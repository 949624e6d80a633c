-- ===== src/Reconciler/Plan/Named.antt =====
-- The namespaces of a plan, and the starts and the removals of one tailnet in it.
use hydrascale.Common.{
  Bool, true, false, not, ◌&&◌, ◌≡◌, Option, none, some, [], ◌∷◌, Text, text_eq, All, All-append,
  any, all, Map, lookup, is_some, Bool-cases, Option-cases, inl, inr, arith,
}
use hydrascale.Config.{Tailnet}
use hydrascale.Reconciler.{State, flag}
use hydrascale.Reconciler.Plan.{
  ActionType, Action, TailnetState, Tick, start_daemon, stop_daemon, delete_namespace,
  create_actions, healthy_actions, branch, diff_tailnet, diff_desired, diff_actual, diff,
}

-- Whether an action starts its tailnet, and whether it takes its tailnet away.
abbrev pub is_start : ActionType → Bool
is_start start_daemon = true
is_start _ = false

abbrev pub starts : Action → Bool
starts a = is_start a.kind

abbrev pub removes : ActionType → Bool
removes stop_daemon = true
removes delete_namespace = true
removes _ = false

abbrev pub stays : Action → Bool
stays a = not (removes a.kind)

abbrev pub IsNamed : (Text → Text) → Action → Type 0
IsNamed get_name a = a.namespace ≡ get_name a.tailnet

-- Each namespace of the host has the name of its tailnet.
abbrev pub IsNamedState : (Text → Text) → Text × TailnetState → Type 0
IsNamedState get_name (id, state) = state.namespace ≡ get_name id

module _ (tick : Tick) where
  branch-IsNamed :
      (id : Text) (tn : Tailnet) (found : Option TailnetState) (s : State)
      → All (IsNamed tick.get_name) (branch tick id tn found s).1
  unfolding branch create_actions healthy_actions
  branch-IsNamed id tn none s = ground arith
  branch-IsNamed id tn (some state) s = elim (Option-cases tick.loaded) [
    | inl unread ↦ rw unread (ground arith)
    | inr (cfg, loaded) ↦ rw loaded (ground arith)
  ]

  diff_tailnet-IsNamed :
      (actual : Map Text TailnetState) (id : Text) (tn : Tailnet) (s : State)
      → All (IsNamed tick.get_name) (diff_tailnet tick actual id tn s).1
  unfolding diff_tailnet
  diff_tailnet-IsNamed actual id tn s = elim (Bool-cases (flag id s.error_states)) [
    | inl broken ↦ rw broken tt
    | inr working ↦ elim (Bool-cases (flag id s.paused_states)) [
      | inl paused ↦ rw (working, paused) tt
      | inr running ↦ rw (working, running) (branch-IsNamed id tn (lookup id actual) s)
    ]
  ]

  diff_desired-IsNamed :
      (actual : Map Text TailnetState) (desired : Map Text Tailnet) (s : State)
      → All (IsNamed tick.get_name) (diff_desired tick actual desired s).1
  unfolding diff_desired
  diff_desired-IsNamed actual [] s = tt
  diff_desired-IsNamed actual ((id, tn) ∷ desired) s =
      let (planned, actions) = diff_tailnet tick actual id tn s in
      All-append (IsNamed tick.get_name) actions (diff_desired tick actual desired planned).1
        (diff_tailnet-IsNamed actual id tn s) (diff_desired-IsNamed actual desired planned)

  diff_actual-IsNamed :
      (desired : Map Text Tailnet) (actual : Map Text TailnetState)
      → All (IsNamedState tick.get_name) actual
      → All (IsNamed tick.get_name) (diff_actual desired actual)
  unfolding diff_actual
  diff_actual-IsNamed desired [] h = tt
  diff_actual-IsNamed desired ((id, state) ∷ actual) (named, h) =
      let rest = diff_actual-IsNamed desired actual h in
      elim (Bool-cases (is_some (lookup id desired))) [
        | inl wanted ↦ rw wanted rest
        | inr gone ↦ rw gone (named, (named, rest))
      ]

  -- Every action of a plan names the namespace of its tailnet.
  pub diff-IsNamed :
      (desired : Map Text Tailnet) (actual : Map Text TailnetState) (s : State)
      → All (IsNamedState tick.get_name) actual
      → All (IsNamed tick.get_name) (diff tick desired actual s).1
  unfolding diff
  diff-IsNamed desired actual s h =
      All-append (IsNamed tick.get_name) (diff_desired tick actual desired s).1
        (diff_actual desired actual) (diff_desired-IsNamed actual desired s)
        (diff_actual-IsNamed desired actual h)

  branch-stays :
      (id : Text) (tn : Tailnet) (found : Option TailnetState) (s : State)
      → all stays (branch tick id tn found s).1 ≡ true
  unfolding branch create_actions healthy_actions
  branch-stays id tn none s = ground arith
  branch-stays id tn (some state) s = elim (Option-cases tick.loaded) [
    | inl unread ↦ rw unread (ground arith)
    | inr (cfg, loaded) ↦ rw loaded (ground arith)
  ]

  pub diff_tailnet-stays :
      (actual : Map Text TailnetState) (id : Text) (tn : Tailnet) (s : State)
      → all stays (diff_tailnet tick actual id tn s).1 ≡ true
  unfolding diff_tailnet
  diff_tailnet-stays actual id tn s = ground (arith, branch-stays id tn (lookup id actual) s)

  -- Whether the host holds the tailnet with a healthy daemon.
  abbrev pub runs : Option TailnetState → Bool
  runs none = false
  runs (some state) = state.exists && state.healthy

  branch-starts :
      (id : Text) (tn : Tailnet) (found : Option TailnetState) (s : State)
      → runs found ≡ false
      → any starts (branch tick id tn found s).1 ≡ true
  unfolding branch create_actions
  branch-starts id tn none s down = ground arith
  branch-starts id tn (some state) s down = ground (arith, down)

  pub diff_tailnet-starts :
      (actual : Map Text TailnetState) (id : Text) (tn : Tailnet) (s : State)
      → flag id s.error_states ≡ false
      → flag id s.paused_states ≡ false
      → runs (lookup id actual) ≡ false
      → any starts (diff_tailnet tick actual id tn s).1 ≡ true
  unfolding diff_tailnet
  diff_tailnet-starts actual id tn s working running down =
      rw (working, running) (branch-starts id tn (lookup id actual) s down)
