-- ===== src/Reconciler/Execute/Alive.antt =====
-- What the actions of a plan ask the managers for one tailnet.
pub mod Watched
pub mod Unwatched
use hydrascale.Common.{
  Bool, true, false, ◌≡◌, refl, none, List, Text, text_eq, ◌==◌, Bool-cases, Option-cases,
  Result-cases, inl, inr, arith,
}
use hydrascale.Config.{Config}
use hydrascale.Reconciler.{State}
use hydrascale.Reconciler.Plan.{
  ActionType, create_namespace, delete_namespace, start_daemon, stop_daemon, sync_routes,
  sync_host_access, teardown_host_access, auth_daemon, refresh_dns,
}
use hydrascale.Reconciler.Plan.Named.{removes}
use hydrascale.Reconciler.Execute.{
  Managers, publish_of, write_host_access, setup_created, execute_create, forget, remove_state,
  execute_delete, execute_teardown, execute_start, execute_refresh, sync_declared,
  execute_sync_host, execute_action,
}

-- A fact about one tailnet that a start of it establishes, and that only its own stop and the deletion
-- of its own namespace end.
pub record Upkeep {W : Type 0} (m : Managers W) (id : Text) : Type 0 where
  pub is_up : W → Bool
  pub names_apart : (j : Text) → (j == id) ≡ false → (m.get_name j == m.get_name id) ≡ false
  pub starts : (ns : Text) (allow : Bool) (w : W) → is_up (m.start id ns allow w).0 ≡ true
  pub keeps_create : (j : Text) (w : W) → is_up w ≡ true → is_up (m.create j w).0 ≡ true
  pub keeps_delete :
      (ns : Text) (w : W)
      → (ns == m.get_name id) ≡ false
      → is_up w ≡ true
      → is_up (m.delete ns w).0 ≡ true
  pub keeps_resolv_conf :
      (ns : Text) (w : W) → is_up w ≡ true → is_up (m.write_resolv_conf ns w) ≡ true
  pub keeps_setup :
      (ns : Text) (publish : List Text) (on : Bool) (w : W)
      → is_up w ≡ true
      → is_up (m.setup_host_access ns publish on w).0 ≡ true
  pub keeps_teardown :
      (ns : Text) (w : W) → is_up w ≡ true → is_up (m.teardown_host_access ns w).0 ≡ true
  pub keeps_forget : (j : Text) (w : W) → is_up w ≡ true → is_up (m.forget_tailnet j w).0 ≡ true
  pub keeps_state_dir :
      (j : Text) (w : W) → is_up w ≡ true → is_up (m.remove_state_dir j w).0 ≡ true
  pub keeps_start :
      (j ns : Text) (allow : Bool) (w : W) → is_up w ≡ true → is_up (m.start j ns allow w).0 ≡ true
  pub keeps_stop :
      (ns j : Text) (w : W) → (j == id) ≡ false → is_up w ≡ true → is_up (m.stop ns j w).0 ≡ true
  pub keeps_authorize :
      (j ns key url : Text) (w : W) → is_up w ≡ true → is_up (m.authorize j ns key url w).0 ≡ true
  pub keeps_refresh :
      (j ns : Text) (w : W) → is_up w ≡ true → is_up (m.refresh_dns_if_ready j ns w).0 ≡ true
  pub keeps_routes :
      (ns j : Text) (w : W) → is_up w ≡ true → is_up (m.sync_routes_of ns j w).0 ≡ true
  pub keeps_host :
      (j ns : Text) (cfg : Config) (w : W)
      → is_up w ≡ true
      → is_up (m.sync_host j ns cfg w).0 ≡ true

module _ {W : Type 0} (m : Managers W) (on : Bool) (id : Text) (up : Upkeep m id) where
  open up use {is_up}

  write_host_access-up :
      (j ns : Text) (publish : List Text) (w : W) (s : State)
      → is_up w ≡ true
      → is_up (write_host_access m on j ns publish w s).0 ≡ true
  unfolding write_host_access
  write_host_access-up j ns publish w s h = ground (arith, up.keeps_setup ns publish on w h)

  setup_created-up :
      (j : Text) (w : W) (s : State) → is_up w ≡ true → is_up (setup_created m on j w s).0 ≡ true
  unfolding setup_created
  setup_created-up j w s h = elim (Result-cases (m.load_config w)) [
    | inr (e, unread) ↦ rw (unread, setup_created) h
    | inl (cfg, loaded) ↦
        let written = write_host_access-up j (m.get_name j) (publish_of cfg j) w s h in
        rw (loaded, setup_created) (ground (arith, written, h))
  ]

  execute_create-up :
      (j : Text) (w : W) (s : State) → is_up w ≡ true → is_up (execute_create m on j w s).0 ≡ true
  unfolding execute_create
  execute_create-up j w s h =
      let made = up.keeps_create j w h in
      let written = up.keeps_resolv_conf (m.get_name j) (m.create j w).0 made in
      let last =
        setup_created-up j (m.write_resolv_conf (m.get_name j) (m.create j w).0) s written in
      elim (Option-cases (m.create j w).1) [
        | inl fine ↦ rw (fine, execute_create) last
        | inr (e, failed) ↦ rw (failed, execute_create) made
      ]

  forget-up : (j : Text) (w : W) → is_up w ≡ true → is_up (forget m on j w).0 ≡ true
  unfolding forget
  forget-up j w h = ground (arith, up.keeps_forget j w h)

  execute_delete-up :
      (j ns : Text) (w : W) (s : State)
      → (ns == m.get_name id) ≡ false
      → is_up w ≡ true
      → is_up (execute_delete m on j ns w s).0 ≡ true
  unfolding execute_delete remove_state
  execute_delete-up j ns w s other h =
      let gone = up.keeps_delete ns w other h in
      let left = forget-up j (m.delete ns w).0 gone in
      ground (arith, left, up.keeps_state_dir j (forget m on j (m.delete ns w).0).0 left)

  execute_teardown-up :
      (j : Text) (w : W) (s : State) → is_up w ≡ true → is_up (execute_teardown m on j w s).0 ≡ true
  unfolding execute_teardown
  execute_teardown-up j w s h =
      let ns = m.get_name j in
      forget-up j (m.teardown_host_access ns w).0 (up.keeps_teardown ns w h)

  execute_start-up :
      (j ns : Text) (w : W) (s : State)
      → is_up w ≡ true
      → is_up (execute_start m on j ns w s).0 ≡ true
  unfolding execute_start
  execute_start-up j ns w s h =
      up.keeps_start j ns _ (m.write_resolv_conf ns w) (up.keeps_resolv_conf ns w h)

  execute_refresh-up :
      (j ns : Text) (w : W) (s : State)
      → is_up w ≡ true
      → is_up (execute_refresh m on j ns w s).0 ≡ true
  unfolding execute_refresh
  execute_refresh-up j ns w s h = ground (arith, up.keeps_refresh j ns w h)

  sync_declared-up :
      (j : Text) (cfg : Config) (w : W) (s : State)
      → is_up w ≡ true
      → is_up (sync_declared m on j cfg w s).0 ≡ true
  unfolding sync_declared
  sync_declared-up j cfg w s h =
      let ns = m.get_name j in
      let written = write_host_access m on j ns (publish_of cfg j) w s in
      let first = write_host_access-up j ns (publish_of cfg j) w s h in
      elim (Option-cases written.2) [
        | inl fine ↦ rw (fine, sync_declared) (up.keeps_host j ns cfg written.0 first)
        | inr (e, failed) ↦ rw (failed, sync_declared) first
      ]

  execute_sync_host-up :
      (j : Text) (w : W) (s : State)
      → is_up w ≡ true
      → is_up (execute_sync_host m on j w s).0 ≡ true
  unfolding execute_sync_host
  execute_sync_host-up j w s h = elim (Bool-cases m.has_host_access) [
    | inr gone ↦ rw (gone, execute_sync_host) h
    | inl held ↦ elim (Result-cases (m.load_config w)) [
      | inr (e, unread) ↦ rw (held, unread, execute_sync_host) h
      | inl (cfg, loaded) ↦ rw (held, loaded, execute_sync_host) (sync_declared-up j cfg w s h)
    ]
  ]

  -- A removal of another tailnet's daemon and namespace, and every other action.
  pub execute_action-up :
      (kind : ActionType) (j ns key url : Text) (w : W) (s : State)
      → (removes kind ≡ true → ((j == id) ≡ false) × ((ns == m.get_name id) ≡ false))
      → is_up w ≡ true
      → is_up
          (execute_action m on
            (record { kind = kind; tailnet = j; namespace = ns; auth_key = key; control_url = url })
            w
            s).0
        ≡ true
  unfolding execute_action
  execute_action-up create_namespace j ns key url w s apart h = execute_create-up j w s h
  execute_action-up delete_namespace j ns key url w s apart h =
      execute_delete-up j ns w s (apart refl).1 h
  execute_action-up start_daemon j ns key url w s apart h = execute_start-up j ns w s h
  execute_action-up stop_daemon j ns key url w s apart h = up.keeps_stop ns j w (apart refl).0 h
  execute_action-up sync_routes j ns key url w s apart h = up.keeps_routes ns j w h
  execute_action-up sync_host_access j ns key url w s apart h = execute_sync_host-up j w s h
  execute_action-up teardown_host_access j ns key url w s apart h = execute_teardown-up j w s h
  execute_action-up auth_daemon j ns key url w s apart h = up.keeps_authorize j ns key url w h
  execute_action-up refresh_dns j ns key url w s apart h = execute_refresh-up j ns w s h

  pub execute_start_own :
      (ns key url : Text) (w : W) (s : State)
      → is_up
          (execute_action m on
            (record {
              kind = start_daemon;
              tailnet = id;
              namespace = ns;
              auth_key = key;
              control_url = url;
            })
            w
            s).0
        ≡ true
  unfolding execute_action execute_start
  execute_start_own ns key url w s = up.starts ns _ (m.write_resolv_conf ns w)
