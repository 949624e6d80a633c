-- ===== src/Reconciler/Apply/Alive.antt =====
-- What the plan of a tick asks the managers for a declared tailnet.
pub mod Unwatched
pub mod Started
use hydrascale.Common.{
  Bool, true, false, ◌≡◌, refl, sym, Option, none, some, List, [], ◌∷◌, Text, text_eq, ◌==◌, ==_iff,
  All, any, all, nodup, Map, keys, lookup, Bool-cases, inl, inr, arith,
}
use hydrascale.Config.{Tailnet}
use hydrascale.Reconciler.{State, flag}
use hydrascale.Reconciler.Plan.{ActionType, Action, start_daemon, TailnetState, Tick, diff}
use hydrascale.Reconciler.Plan.Independent.{of}
use hydrascale.Reconciler.Plan.Cases.{diff_declared}
use hydrascale.Reconciler.Plan.Named.{
  is_start, starts, removes, stays, runs, IsNamed, IsNamedState, diff-IsNamed, diff_tailnet-stays,
  diff_tailnet-starts,
}
use hydrascale.Reconciler.Execute.{Managers, execute_action}
use hydrascale.Reconciler.Execute.Alive.{Upkeep, execute_action-up, execute_start_own}
use hydrascale.Reconciler.Apply.{Cycle, note_outcome, run_actions, apply}

module _ {W : Type 0} (m : Managers W) (on : Bool) (id : Text) (up : Upkeep m id) where
  open up use {is_up}

  note_outcome-host :
      (a : Action) (w : W) (s : State) (failed : Option Text) (c : Cycle W)
      → (note_outcome a w s failed c).host ≡ w
  unfolding note_outcome
  note_outcome-host a w s none c = refl
  note_outcome-host a w s (some e) c = refl

  run_actions-up :
      (actions : List Action) (c : Cycle W)
      → All (IsNamed m.get_name) actions
      → all stays (of id actions) ≡ true
      → is_up c.host ≡ true
      → is_up (run_actions m on actions c).host ≡ true
  unfolding run_actions
  run_actions-up [] c named kept h = h
  run_actions-up (a ∷ actions) c (named, rest) kept h =
      let (w, s, failed) = execute_action m on a c.host c.state in
      let next = note_outcome a w s failed c in
      let apart : removes a.kind ≡ true
          → ((a.tailnet == id) ≡ false) × ((a.namespace == m.get_name id) ≡ false) =
        λ gone.
          let other : (a.tailnet == id) ≡ false = ground (arith, kept, gone) in
          (other, rw named (up.names_apart a.tailnet other)) in
      let after : is_up w ≡ true =
        execute_action-up m on id up a.kind a.tailnet a.namespace a.auth_key a.control_url c.host
          c.state apart h in
      run_actions-up actions next rest (ground (arith, kept))
        (rw (note_outcome-host a w s failed c) after)

  is_start-eq : (kind : ActionType) → is_start kind ≡ true → kind ≡ start_daemon
  is_start-eq kind h = ground (arith, h)

  own_start :
      (kind : ActionType) (j ns key url : Text) (w : W) (s : State)
      → kind ≡ start_daemon
      → j ≡ id
      → is_up
          (execute_action m on
            (record { kind = kind; tailnet = j; namespace = ns; auth_key = key; control_url = url })
            w
            s).0
        ≡ true
  own_start kind j ns key url w s k e = rw (k, e) (execute_start_own m on id up ns key url w s)

  run_actions-starts :
      (actions : List Action) (c : Cycle W)
      → All (IsNamed m.get_name) actions
      → all stays (of id actions) ≡ true
      → any starts (of id actions) ≡ true
      → is_up (run_actions m on actions c).host ≡ true
  unfolding run_actions
  run_actions-starts [] c named kept started = absurd (ground (arith, started))
  run_actions-starts (a ∷ actions) c (named, rest) kept started =
      let (w, s, failed) = execute_action m on a c.host c.state in
      let next = note_outcome a w s failed c in
      let later : all stays (of id actions) ≡ true = ground (arith, kept) in
      elim (Bool-cases (a.tailnet == id)) [
        | inr other ↦ run_actions-starts actions next rest later (ground (arith, started, other))
        | inl own ↦ elim (Bool-cases (starts a)) [
          | inr waits ↦
              run_actions-starts actions next rest later (ground (arith, started, own, waits))
          | inl first ↦
              let after : is_up w ≡ true =
                own_start a.kind a.tailnet a.namespace a.auth_key a.control_url c.host c.state
                  (is_start-eq a.kind first) ((==_iff a.tailnet id).0 own) in
              run_actions-up actions next rest later (rw (note_outcome-host a w s failed c) after)
        ]
      ]

  -- Apply of the plan of a tick leaves the fact that a start establishes, for a declared tailnet that
  -- is neither in the error state nor paused, where the fact holds of a tailnet that runs.
  pub apply-up :
      (tick : Tick) (desired : Map Text Tailnet) (actual : Map Text TailnetState) (w : W)
      (s t : State) (tn : Tailnet)
      → nodup (keys desired) ≡ true
      → nodup (keys actual) ≡ true
      → All (IsNamedState tick.get_name) actual
      → tick.get_name ≡ m.get_name
      → lookup id desired ≡ some tn
      → flag id s.error_states ≡ false
      → flag id s.paused_states ≡ false
      → (runs tick (lookup id actual) ≡ true → is_up w ≡ true)
      → is_up (apply m on (diff tick desired actual s).1 w t).0 ≡ true
  unfolding apply
  apply-up tick desired actual w s t tn wanted held named names found working running truth =
      let actions = (diff tick desired actual s).1 in
      let start : Cycle W = record { host = w; state = t; failures = []; errors = [] } in
      let own = diff_declared tick desired actual s id wanted held tn found in
      let all_named : All (IsNamed m.get_name) actions =
        rw (sym names) (diff-IsNamed tick desired actual s named) in
      let kept : all stays (of id actions) ≡ true =
        rw own (diff_tailnet-stays tick actual id tn s) in
      elim (Bool-cases (runs tick (lookup id actual))) [
        | inl already ↦ run_actions-up actions start all_named kept (truth already)
        | inr down ↦
            run_actions-starts actions start all_named kept
              (rw own (diff_tailnet-starts tick actual id tn s working running down))
      ]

_Task_. Set down, word for word, every line from the line that holds "desired ≡ some tn" to the end of the entries above, including both ends.

_Output for this exercise_.
      → lookup id desired ≡ some tn
      → flag id s.error_states ≡ false
      → flag id s.paused_states ≡ false
      → (runs tick (lookup id actual) ≡ true → is_up w ≡ true)
      → is_up (apply m on (diff tick desired actual s).1 w t).0 ≡ true
  unfolding apply
  apply-up tick desired actual w s t tn wanted held named names found working running truth =
      let actions = (diff tick desired actual s).1 in
      let start : Cycle W = record { host = w; state = t; failures = []; errors = [] } in
      let own = diff_declared tick desired actual s id wanted held tn found in
      let all_named : All (IsNamed m.get_name) actions =
        rw (sym names) (diff-IsNamed tick desired actual s named) in
      let kept : all stays (of id actions) ≡ true =
        rw own (diff_tailnet-stays tick actual id tn s) in
      elim (Bool-cases (runs tick (lookup id actual))) [
        | inl already ↦ run_actions-up actions start all_named kept (truth already)
        | inr down ↦
            run_actions-starts actions start all_named kept
              (rw own (diff_tailnet-starts tick actual id tn s working running down))
      ]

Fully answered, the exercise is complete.